= First Congregational Church (Riverside, California) =

Church in Riverside, California

First Congregational Church of Riverside is a Christian church in Riverside, California, US.

==Overview==
The church was founded in 1872 and is a part of the United Church of Christ (UCC). The congregation has a long history of social activism and continues to be a voice for progressive Christianity in the Inland Empire area.

== History ==
FCC was founded on April 1, 1872 and was the first Protestant church established within the city limits of Riverside CA.

Frank Miller, owner and proprietor of the Mission Inn, became a member in 1878 and led the effort to build the current building which was completed in 1914. The building was designed by Myron Hunt in the Spanish Churrigueresque (Baroque) style. It is located at 3504 Mission Inn Ave, Riverside and is now designated as a historical landmark.

==Values==
FCC is not a creedal or dogmatic church and welcomes diverse Christian beliefs. New members are asked to “covenant to walk together as we seek to be faithful to Christ.”.
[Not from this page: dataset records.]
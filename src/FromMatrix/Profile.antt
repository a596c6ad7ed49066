-- ===== src/FromMatrix/Profile.antt =====
-- How a Matrix user is shown on Discord: `get_user_profile`'s answer and the avatar's address.
use Prim.Native.String
use Prim.Native.String.{[], ◌∷◌}
use mathlib.Core.Option
use matrix_bridge_discord.Prelude.{
  ℕ, suc, String, Char, Bool, Option, none, some, if◌then◌else◌, Result, ok, err, ◌&&◌,
}
use matrix_bridge_discord.Text.{char_eq, is_empty, starts_with, strip_prefix}

-- matrix.rs
unfoldable pub is_namespaced_user : String → Bool
is_namespaced_user user_id = starts_with user_id "@_discord_"

abbrev pub size : String → ℕ
size [] = 0
size (c ∷ s) = suc (size s)

abbrev pub trim_end_matches : String → Char → String
trim_end_matches [] d = []
trim_end_matches (c ∷ s) d =
    let rest = trim_end_matches s d in if char_eq c d && is_empty rest then [] else c ∷ rest

-- The prefix is taken away at most so many times.
abbrev pub strip_times : ℕ → String → String → String
strip_times ℕ.zero s p = s
strip_times (ℕ.suc n) s p = elim (strip_prefix p s) [ none ↦ s | some rest ↦ strip_times n rest p ]

unfoldable pub trim_start_matches : String → String → String
trim_start_matches s p = strip_times (size s) s p

unfoldable pub avatar_for_discord : String → String → String
avatar_for_discord homeserver_url url =
    if starts_with url "mxc://"
    then String.◌++◌ (trim_end_matches homeserver_url "/")
        (String.◌++◌ "/_matrix/media/r0/download/" (trim_start_matches url "mxc://"))
    else url

pub record Shown : Type 0 where
  pub username : String
  pub avatar : Option String

-- `.unwrap_or(None).unwrap_or_else(|| (matrix_sender.to_string(), None))`
abbrev pub shown_as : String → String → Result String (Option (String × Option String)) → Shown
shown_as homeserver_url sender (err e) = record { username = sender; avatar = none }
shown_as homeserver_url sender (ok none) = record { username = sender; avatar = none }
shown_as homeserver_url sender (ok (some (name, avatar_url))) = record {
  username = name;
  avatar = Option.map (avatar_for_discord homeserver_url) avatar_url;
}
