-- ===== src/MatrixCommand.antt =====
-- src/matrix/command_handler.rs: what a Matrix message that starts with `!discord` asks for. The
-- permission check is the caller's, and a parameter here.
pub mod Permission
pub mod Requests
mod Tests
use Prim.Native.String
use matrix_bridge_discord.Prelude.{
  List, [], ◌∷◌, String, Bool, true, false, not, Option, none, some, if◌then◌else◌, first, ◌==◌,
  ◌&&◌, ℤ, pos, Result, ok, err, unwrap_or,
}
use matrix_bridge_discord.Text.{trim_start, starts_with}
use matrix_bridge_discord.Command.{ParsedCommand, parse_prefixed_command, parse_guild_and_channel}

abbrev pub default_provisioning_power_level : ℤ
default_provisioning_power_level = pos 50

pub record MatrixCommandPermission : Type 0 where
  pub required_level : ℤ
  pub category : String
  pub subcategory : String
  pub self_service : Bool

pub data MatrixCommandOutcome : Type 0 where
  ignored : MatrixCommandOutcome
  reply : String → MatrixCommandOutcome
  bridge_requested : String → String → MatrixCommandOutcome
  unbridge_requested : MatrixCommandOutcome

pub record MatrixCommandHandler : Type 0 where
  pub prefix : String
  pub self_service_enabled : Bool
  pub provisioning_power_level : ℤ

abbrev pub new : Bool → Option ℤ → MatrixCommandHandler
new self_service_enabled provisioning_power_level = record {
  prefix = "!discord";
  self_service_enabled = self_service_enabled;
  provisioning_power_level = unwrap_or provisioning_power_level default_provisioning_power_level;
}

abbrev pub help_of : String → String
help_of c =
    if c == "bridge"
    then "`!discord bridge <guildId> <channelId>`: Bridges this room to a Discord channel\nUse `guild/channel` or `guild channel`."
    else if c == "unbridge"
    then "`!discord unbridge`: Unbridges a Discord channel from this room"
    else "**ERROR:** unknown command! Try `!discord help` to see all commands"

unfoldable pub render_help : Option String → String
render_help (some c) = help_of c
render_help none =
    "Available Commands:\n - `!discord bridge <guildId> <channelId>`: Bridges this room to a Discord channel\n - `!discord unbridge`: Unbridges a Discord channel from this room"

abbrev pub permission_of : MatrixCommandHandler → MatrixCommandPermission
permission_of h = record {
  required_level = h.provisioning_power_level;
  category = "events";
  subcategory = "m.room.power_levels";
  self_service = true;
}

-- `none` lets the command pass; otherwise the reply.
abbrev pub verdict : Result String Bool → Option String
verdict (ok true) = none
verdict (ok false) =
    some
      "**ERROR:** insufficient permissions to use this command! Try `!discord help` to see all available commands"
verdict (err e) = some (String.◌++◌ "**ERROR:** " e)

unfoldable pub is_command : MatrixCommandHandler → String → Bool
is_command h message = starts_with (trim_start message) h.prefix

abbrev pub bridge_of : Option (String × String) → MatrixCommandOutcome
bridge_of none = reply "Invalid syntax. For more information try `!discord help bridge`"
bridge_of (some (guild_id, channel_id)) = bridge_requested guild_id channel_id

-- An early return with the refusal, if there is one.
abbrev pub unless_refused : Option String → MatrixCommandOutcome → MatrixCommandOutcome
unless_refused (some text) outcome = reply text
unless_refused none outcome = outcome

module _ (h : MatrixCommandHandler)
    (permission_check : MatrixCommandPermission → Result String Bool) where
  unfoldable pub ensure_permission : Option String
  ensure_permission =
      if (permission_of h).self_service && not h.self_service_enabled
      then some "The owner of this bridge does not permit self-service bridging."
      else verdict (permission_check (permission_of h))

  -- The `match` on the command.
  unfoldable pub dispatch : ParsedCommand → Bool → MatrixCommandOutcome
  dispatch parsed room_is_bridged =
      if parsed.command == "help"
      then reply (render_help (first parsed.args))
      else if parsed.command == "bridge"
      then unless_refused ensure_permission (
          if room_is_bridged
          then reply "This room is already bridged to a Discord guild."
          else bridge_of (parse_guild_and_channel parsed.args))
      else if parsed.command == "unbridge"
      then unless_refused ensure_permission
          (if not room_is_bridged then reply "This room is not bridged." else unbridge_requested)
      else reply "**ERROR:** unknown command. Try `!discord help` to see all commands"

  abbrev pub outcome_of : Option ParsedCommand → Bool → MatrixCommandOutcome
  outcome_of none room_is_bridged = ignored
  outcome_of (some parsed) room_is_bridged = dispatch parsed room_is_bridged

  unfoldable pub handle : String → Bool → MatrixCommandOutcome
  handle message room_is_bridged =
      outcome_of (parse_prefixed_command h.prefix message) room_is_bridged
FCC offers Sunday religious services, Bible studies and Taize prayer services.

==Justice Work==

Generations of FCC members have taken stands for justice and equality over the years. Booker T. Washington accepted an invitation to speak for the congregation on March 22, 1914. During the internment of Japanese Americans in World War II, FCC held the assets of the Japanese American church in Riverside so the property could be returned to the rightful owners at the end of the internment. In 1995, FCC became an Open and Affirming congregation, celebrating people of all walks of life in full membership of the church, including LGBT individuals. The congregation continues today to take stands of justice, including Black Lives Matter, support of Muslim communities and LGBT equality.

In 2022 the church celebrated its 150th year.

As of 2023, the church has several ministries including a free clinic, meals and books for homeless people and a choir as well as other work through UCC.